Self-verifying finite automata have been introduced and studied in [5] and others mainly in connection with randomized Las Vegas computations. Descriptional complexity issues for self-verifying finite automata have been studied in [8]. The computational and descriptional complexity of self-verifying pushdown automata has been studied in [7]. Self-verifying cellular automata have been introduced in [12]. Some of the results in the present paper look very similar, but they require different proofs.

The paper is organized as follows. In Sect. 2 we present the basic notation and the definitions of self-verifying iterative arrays as well as an introductory example. In general, the symmetric conditions for acceptance/rejection of self-verifying devices imply immediately the effective closures of the language families accepted under complementation. In Sect. 3 this observation is turned in a characterization. Moreover, the strong speed-up by a multiplicative constant is derived for any time-computable time complexity. In Sect. 4 we explore the computational capacity of realtime \(\text {SVIA}\)s. In particular, its is shown that even realtime \(\text {SVIA}\)s are as powerful as lineartime self-verifying cellular automata and vice versa. So they are strictly more powerful than deterministic iterative arrays. Closure properties of the family of languages accepted by realtime \(\text {SVIA}\)s are studied in Sect. 5. The family is closed under the Boolean operations, reversal, concatenation, and inverse homomorphisms, while it is not closed under arbitrary homomorphisms. Finally, decidability problems are considered in Sect. 6. In particular, by a reduction of the emptiness problem it is shown that the property of being self-verifying is non-semidecidable.

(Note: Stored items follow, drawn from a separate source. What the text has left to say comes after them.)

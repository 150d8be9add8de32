-- ===== src/Channel/Routing.antt =====
-- Where a packet goes: the services are closed without an association.
use cosemlib.Base.{ℕ, if◌then◌else◌, fault, Option, none, some, Exec, ret}
use cosemlib.Array.{Array}
use cosemlib.Association.{Association, Hal}
use cosemlib.Services.Server.{App}
use cosemlib.Channel.{Channel}
use cosemlib.Channel.Execute.{Net, is_asso_tag, run_asso, other_packet}

abbrev routed : Hal → App → ℕ → ℕ → Association → Channel → Net → Exec Array (Option ℕ) → Exec Net ℕ
routed hal app channel i a c n (ret none p) = ret 0 (record n { packet = p })
routed hal app channel i a c n (ret (some tag) p) =
    (if is_asso_tag tag
        then run_asso hal app channel i a
        else other_packet hal app channel i a.state_cf c)
      (record n { packet = p })
routed hal app channel i a c n fault = fault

2 Preliminaries and Definitions

We denote the non-negative integers by \(\mathbb {N}\). Let \(\varSigma \) denote a finite set of letters. Then we write \(\varSigma ^*\) for the set of all finite words (strings) consisting of letters from \(\varSigma \). The empty word is denoted by \(\lambda \), and \(\varSigma ^+=\varSigma ^* \setminus \{\lambda \}\). For the reversal of a word w we write \(w^R\) and |w| denotes its length. A subset of \(\varSigma ^*\) is called a language over \(\varSigma \). In general, we use \(\subseteq \) for inclusions and \(\subset \) for strict inclusions.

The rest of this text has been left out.